Für die Berechnung der „Nichtrückkehrtage“ gemäß Art. 15a Abs. 2 Satz 2 DBA-Schweiz 1971/2010 spielt es auch für die Veranlagungszeiträume vor 2015 keine Rolle, ob der Arbeitnehmer in dem betreffenden Kalenderjahr für einen oder für mehrere Arbeitgeber tätig gewesen ist[1].

Eine Übereinkunft zwischen den deutschen und den Schweizer Steuerbehörden (hier: Konsultationsvereinbarung mit der Eidgenössischen Steuerverwaltung zur einheitlichen Anwendung und Auslegung des Art. 15a DBA-Schweiz 1971 i.d.F. des Änderungsprotokolls vom 21.12 1992,[2]) bindet die Gerichte nicht (Bestätigung der ständigen Rechtsprechung). § 2 Abs. 2 AO (i.d.F. des JStG 2010) i.V.m. § 9 Abs. 1 KonsVerCHEV vom 20.12 2010[3] ändert daran nichts; § 2 Abs. 2 AO (i.d.F. des JStG 2010) genügt insoweit nicht den Bestimmtheitsanforderungen, die nach Art. 80 Abs. 1 GG an eine Verordnungsermächtigung zu stellen sind.

So unterfielen auch im hier vom Bundesfinanzhof entschiedenen Fall die vom klagenden Chorsänger vom Opernhaus A und von der B-Akademie bezogenen Einnahmen als Einkünfte aus nichtselbständiger Arbeit i.S. von § 19 Abs. 1 Satz 1 Nr. 1 EStG der Einkommensteuer:

Der Chorsänger hat im Streitjahr seinen Wohnsitz im Inland gehabt und ist daher gemäß § 1 Abs. 1 Satz 1 EStG mit seinem Welteinkommen unbeschränkt einkommensteuerpflichtig.

Die Vorinstanz hat die vom Chorsänger für die Mitwirkung in den Opernchören erhaltenen Vergütungen -in Übereinstimmung mit den Auffassungen der Beteiligten- als Einkünfte aus nichtselbständiger Arbeit i.S. von § 19 Abs. 1 Satz 1 Nr. 1 EStG qualifiziert.

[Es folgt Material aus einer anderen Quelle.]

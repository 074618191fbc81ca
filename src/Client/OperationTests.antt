-- ===== src/Client/OperationTests.antt =====
-- Open files on a disk in memory behind the server, and the theorems at these inputs.
use netfilum.Prelude.{◌≡◌, refl, arith, true, false, none, some, []}
use netfilum.Prelude.Texts.{codes}
use netfilum.Prelude.Results.{Result, ok, err}
use netfilum.Protocol.{file, FileAttr, Request}
use netfilum.Protocol.Errors.{IoError}
use netfilum.Paths.{join, path_starts_with, parent}
use netfilum.Server.Path.{normalize_relative_path}
use netfilum.Server.Fs.Memory.{
  find, slot_at, content, unlink, relabel, open_file, seek, write_all, update, move,
}
use netfilum.Server.Fs.Memory.Model.{memory, memory_view}
use netfilum.Server.Fs.Memory.Laws.{memory-IsFileSystem}
use netfilum.Server.Sample.{disk, server}
use netfilum.Server.Attributes.{attr_for_path}
use netfilum.Server.Resolve.{resolve_existing, resolve_for_new_path}
use netfilum.Server.Files as Files
use netfilum.Server.Files.{read_file, read_at, write_file, write_at, stat_path}
use netfilum.Server.Files.Renames.{HasMoved}
use netfilum.Server.Dispatch.{dispatch}
use netfilum.Client.Path.{nt_path_to_relative}
use netfilum.Client.Context.{new_file_context, call, send_request, fetch_attr}
use netfilum.Client.Sample.{winfsp, mounted, opened}
use netfilum.Client.Operations.{
  Opened, read, copy_read, write, write_payload, rename, set_delete, cleanup, on_path,
}
use netfilum.Client.Operations.Constrained.{IsConstrained, write-IsConstrained}
use netfilum.Client.Operations.Contexts.{rename-HasMoved, cleanup-set_delete}
use netfilum.Client.Operations.Disconnects.{Grows}
use netfilum.Client.Operations.Performed.{Operation, perform, perform-Grows}
use netfilum.Client.Operations.Reads.{HasFetched, read-HasFetched}
use netfilum.Client.Operations.RoundTrip.{HasEcho, read-write}

fetched : (read mounted (codes "......") 1 opened).0 ≡ ok (some (codes "ello..", 4))
unfolding read call copy_read dispatch read_file read_at resolve_existing normalize_relative_path
    join path_starts_with find slot_at open_file seek content
fetched = refl

read-HasFetched_example :
    HasFetched winfsp memory memory_view memory-IsFileSystem server
      (codes "......")
      1
      opened
      (some (codes "ello..", 4))
read-HasFetched_example =
    read-HasFetched winfsp memory memory_view memory-IsFileSystem server (codes "......") 1 opened
      (some (codes "ello..", 4)) fetched

abbrev or_nothing {ℓ} : {A : Type ℓ} → A → Result IoError A → A
or_nothing d (ok a) = a
or_nothing d (err e) = d

wrote :
    (write mounted (codes "!!") 5 false false opened).0
    ≡ ok (or_nothing (0, none) (write mounted (codes "!!") 5 false false opened).0)
unfolding write call write_payload dispatch write_file write_at resolve_existing
    normalize_relative_path join path_starts_with find slot_at open_file seek write_all content
    update attr_for_path
wrote = refl

read_back :
    (read mounted (codes "..") 5 (write mounted (codes "!!") 5 false false opened).1).0
    ≡ ok (some (codes "!!", 2))
unfolding read copy_read write call write_payload dispatch read_file read_at write_file write_at
    resolve_existing normalize_relative_path join path_starts_with find slot_at open_file seek
    write_all content update attr_for_path
read_back = refl

read-write_example : HasEcho (codes "!!") (codes "..") (some (codes "!!", 2))
read-write_example =
    read-write winfsp memory memory_view memory-IsFileSystem server (codes "!!") (codes "..") 5
      opened (or_nothing (0, none) (write mounted (codes "!!") 5 false false opened).0)
      (some (codes "!!", 2)) wrote (omega arith) read_back

abbrev attr_b : FileAttr → FileAttr
attr_b d = or_nothing d (on_path mounted (fetch_attr mounted) opened).0

abbrev no_attr : FileAttr
no_attr = record {
  kind = file;
  size = 0;
  allocated_size = 0;
  created = none;
  accessed = none;
  modified = none;
  changed = none;
  readonly = false;
  mode = none;
}

stated : (on_path mounted (fetch_attr mounted) opened).0 ≡ ok (attr_b no_attr)
unfolding fetch_attr send_request dispatch stat_path resolve_existing normalize_relative_path join
    path_starts_with find slot_at attr_for_path
stated = refl

write-IsConstrained_example :
    IsConstrained mounted (attr_b no_attr).size (codes "12345") 3 false opened
write-IsConstrained_example =
    write-IsConstrained mounted (codes "12345") 3 false opened (attr_b no_attr) stated

renamed : (rename mounted (codes "\\c") false opened).0 ≡ ok tt
unfolding rename nt_path_to_relative call dispatch Files.rename resolve_existing
    resolve_for_new_path normalize_relative_path join path_starts_with find slot_at parent move
    relabel unlink
renamed = refl

rename-HasMoved_example :
    HasMoved memory memory_view memory-IsFileSystem server
      (codes "b")
      (nt_path_to_relative (codes "\\c"))
      disk
    × ((rename mounted (codes "\\c") false opened).1.context.path
        ≡ nt_path_to_relative (codes "\\c"))
rename-HasMoved_example =
    rename-HasMoved winfsp memory memory_view memory-IsFileSystem server (codes "\\c") opened
      renamed

deletable : (set_delete mounted true opened).0 ≡ ok tt
unfolding set_delete call dispatch Files.can_delete resolve_existing normalize_relative_path join
    path_starts_with find slot_at
deletable = refl

cleanup-set_delete_example :
    (cleanup mounted 0 (set_delete mounted true opened).1).mounted.world
    ≡ (dispatch memory server (Request.remove_file (codes "b")) disk).1
cleanup-set_delete_example = cleanup-set_delete winfsp memory server 0 opened deletable

-- The server is not there.
abbrev alone : Opened winfsp
alone = record {
  mounted = record {
    world = tt;
    mount_state = record { stop = true; disconnect_message = some (codes "lost") };
  };
  context = new_file_context winfsp (codes "b") file;
}

perform-Grows_example :
    Grows alone.mounted.mount_state
      (perform winfsp
        (record { security_descriptor = []; volume_label = codes "netfilum" })
        Operation.get_file_info
        alone).mounted.mount_state
perform-Grows_example =
    perform-Grows winfsp (record { security_descriptor = []; volume_label = codes "netfilum" })
      Operation.get_file_info alone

Zu diesem Ergebnis ist das Finanzgericht aufgrund einer Gesamtwürdigung der festgestellten Umstände des vorliegenden Falles und in Abgrenzung von den Merkmalen der selbständigen Arbeit nach § 18 EStG gekommen. Dabei hat es insbesondere als maßgeblich angesehen, dass der Chorsänger in den Geschäftsbetrieb der Opernchöre eingegliedert, dem Direktionsrecht der Chordirektionen unterworfen, an festgelegte Regelarbeitszeiten und Arbeitsorte gebunden war, er zudem feste Bezüge erhalten, Anspruch auf Sozialleistungen gehabt und kein Unternehmerrisiko getragen hat. Der Bundesfinanzhof ist an diese Würdigung, die keinen Rechtsfehler erkennen lässt und gegen die die Beteiligten keine zulässigen und begründeten Einwendungen erhoben haben, gemäß § 118 Abs. 2 FGO gebunden.

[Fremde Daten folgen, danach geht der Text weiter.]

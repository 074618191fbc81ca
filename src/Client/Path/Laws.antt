-- ===== src/Client/Path/Laws.antt =====
-- What the client's paths are for the server and for WSL: crates/netfilum-client/src/path.rs and
-- `nt_path_to_relative` of crates/netfilum-client/src/mount.rs.
use netfilum.Prelude.{ℕ, ◌≡◌, refl, ap, arith, true, false, List, [], ◌∷◌, ◌++◌, map, All}
use netfilum.Prelude.{◌==◌, if◌then◌else◌}
use netfilum.Prelude.Texts.{Text, codes, replace_byte, trim_start_matches}
use netfilum.Prelude.Results.{ok, err}
use netfilum.Paths.{normal}
use netfilum.Server.Path.{normalize_relative_path}
use netfilum.Server.Path.Spec.{is_separator, is_plain_name, has_separator, rooted, relative_names}
use netfilum.Server.Path.Laws.{join_names, normalize_relative_path-eq-relative_names}
use netfilum.Server.Path.Laws.{normalize_relative_path-join_names}
use netfilum.Client.Path.{windows_path_to_wsl, nt_path_to_relative, to_ascii_lowercase}

abbrev to_slashes : Text → Text
to_slashes = replace_byte b'\\' b'/'

to_slashes-plain : (n : Text) → has_separator n ≡ false → to_slashes n ≡ n
to_slashes-plain [] h = refl
to_slashes-plain (c ∷ n) h = ground (arith, to_slashes-plain n)

to_slashes-append : (s t : Text) → to_slashes (s ++ t) ≡ to_slashes s ++ to_slashes t
to_slashes-append [] t = refl
to_slashes-append (c ∷ s) t = ap (λ l. (if c == b'\\' then b'/' else c) ∷ l) (to_slashes-append s t)

abbrev ArePlain : List Text → Type 0
ArePlain = All (λ s. is_plain_name s ≡ true)

to_slashes-join_names :
    (sep : ℕ) (ns : List Text)
    → is_separator sep ≡ true
    → ArePlain ns
    → to_slashes (join_names sep ns) ≡ join_names b'/' ns
unfolding join_names
to_slashes-join_names sep [] h ps = refl
to_slashes-join_names sep (n ∷ []) h (p, ps) = to_slashes-plain n (ground arith)
to_slashes-join_names sep (n ∷ m ∷ ns) h (p, ps) = ground (
  arith,
  to_slashes-append n (sep ∷ join_names sep (m ∷ ns)),
  to_slashes-plain n (ground arith),
  to_slashes-join_names sep (m ∷ ns) h ps,
)

trim-join_names :
    (n : Text) (ns : List Text)
    → ArePlain (n ∷ ns)
    → trim_start_matches b'/' (join_names b'/' (n ∷ ns)) ≡ join_names b'/' (n ∷ ns)
unfolding join_names
trim-join_names [] ns (p, ps) = absurd (ground arith)
trim-join_names (c ∷ n) [] (p, ps) = ground arith
trim-join_names (c ∷ n) (m ∷ ns) (p, ps) = ground arith

-- A path on a Windows drive, of plain names joined by backslashes or by slashes, is the path of the
-- same names under `/mnt` and the drive's letter in lower case.
pub windows_path_to_wsl-join_names :
    (drive sep : ℕ) (n : Text) (ns : List Text)
    → is_separator sep ≡ true
    → ArePlain (n ∷ ns)
    → windows_path_to_wsl (drive ∷ b':' ∷ sep ∷ join_names sep (n ∷ ns))
      ≡ ok (codes "/mnt/" ++ to_ascii_lowercase drive ∷ b'/' ∷ join_names b'/' (n ∷ ns))
unfolding windows_path_to_wsl
windows_path_to_wsl-join_names drive sep n ns h ps =
    ground (arith, to_slashes-join_names sep (n ∷ ns) h ps, trim-join_names n ns ps)

-- The NT path of plain names, with a backslash in front, is for the server the path of these names:
-- what the client sends, the server accepts.
pub normalize_relative_path-nt_path_to_relative :
    (n : Text) (ns : List Text)
    → ArePlain (n ∷ ns)
    → normalize_relative_path (nt_path_to_relative (b'\\' ∷ join_names b'\\' (n ∷ ns)))
      ≡ ok (map normal (n ∷ ns))
unfolding nt_path_to_relative
normalize_relative_path-nt_path_to_relative n ns ps = ground (
  arith,
  to_slashes-join_names b'\\' (n ∷ ns) refl ps,
  trim-join_names n ns ps,
  normalize_relative_path-join_names b'/' n ns refl ps,
)

trim_rooted : (t : Text) → rooted (trim_start_matches b'/' (to_slashes t)) ≡ false
unfolding rooted
trim_rooted [] = refl
trim_rooted (c ∷ t) = ground (arith, trim_rooted t)

-- No NT path, whatever its text, reaches the server as an absolute path: the server refuses it for
-- traversal alone.
pub nt_path_to_relative-not_absolute :
    (t message : Text)
    → normalize_relative_path (nt_path_to_relative t) ≡ err message
    → message ≡ codes "path traversal is not allowed"
unfolding nt_path_to_relative relative_names
nt_path_to_relative-not_absolute t message h =
    ground (arith, trim_rooted t, normalize_relative_path-eq-relative_names (nt_path_to_relative t))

Der für die Mitwirkung in den Opernchören zugeflossene Arbeitslohn ist weder hinsichtlich des auf die Auftritte vor Publikum entfallenden Teils noch hinsichtlich des auf die Absolvierung der Proben entfallenden Teils aufgrund des Abkommens zwischen der Bundesrepublik Deutschland und der Schweizerischen Eidgenossenschaft zur Vermeidung der Doppelbesteuerung auf dem Gebiete der Steuern vom Einkommen; und vom Vermögen vom 11.08.1971[4] i.d.F. des Änderungsprotokolls vom 27.10.2010[5] -DBA-Schweiz 1971/2010- von der Bemessungsgrundlage der Einkommensteuer ausgenommen. Insbesondere ergibt sich solches nicht aus Art. 15 Abs. 1 Satz 2 i.V.m. Art. 24 Abs. 1 Nr. 1 Buchst. d DBA-Schweiz 1971/2010.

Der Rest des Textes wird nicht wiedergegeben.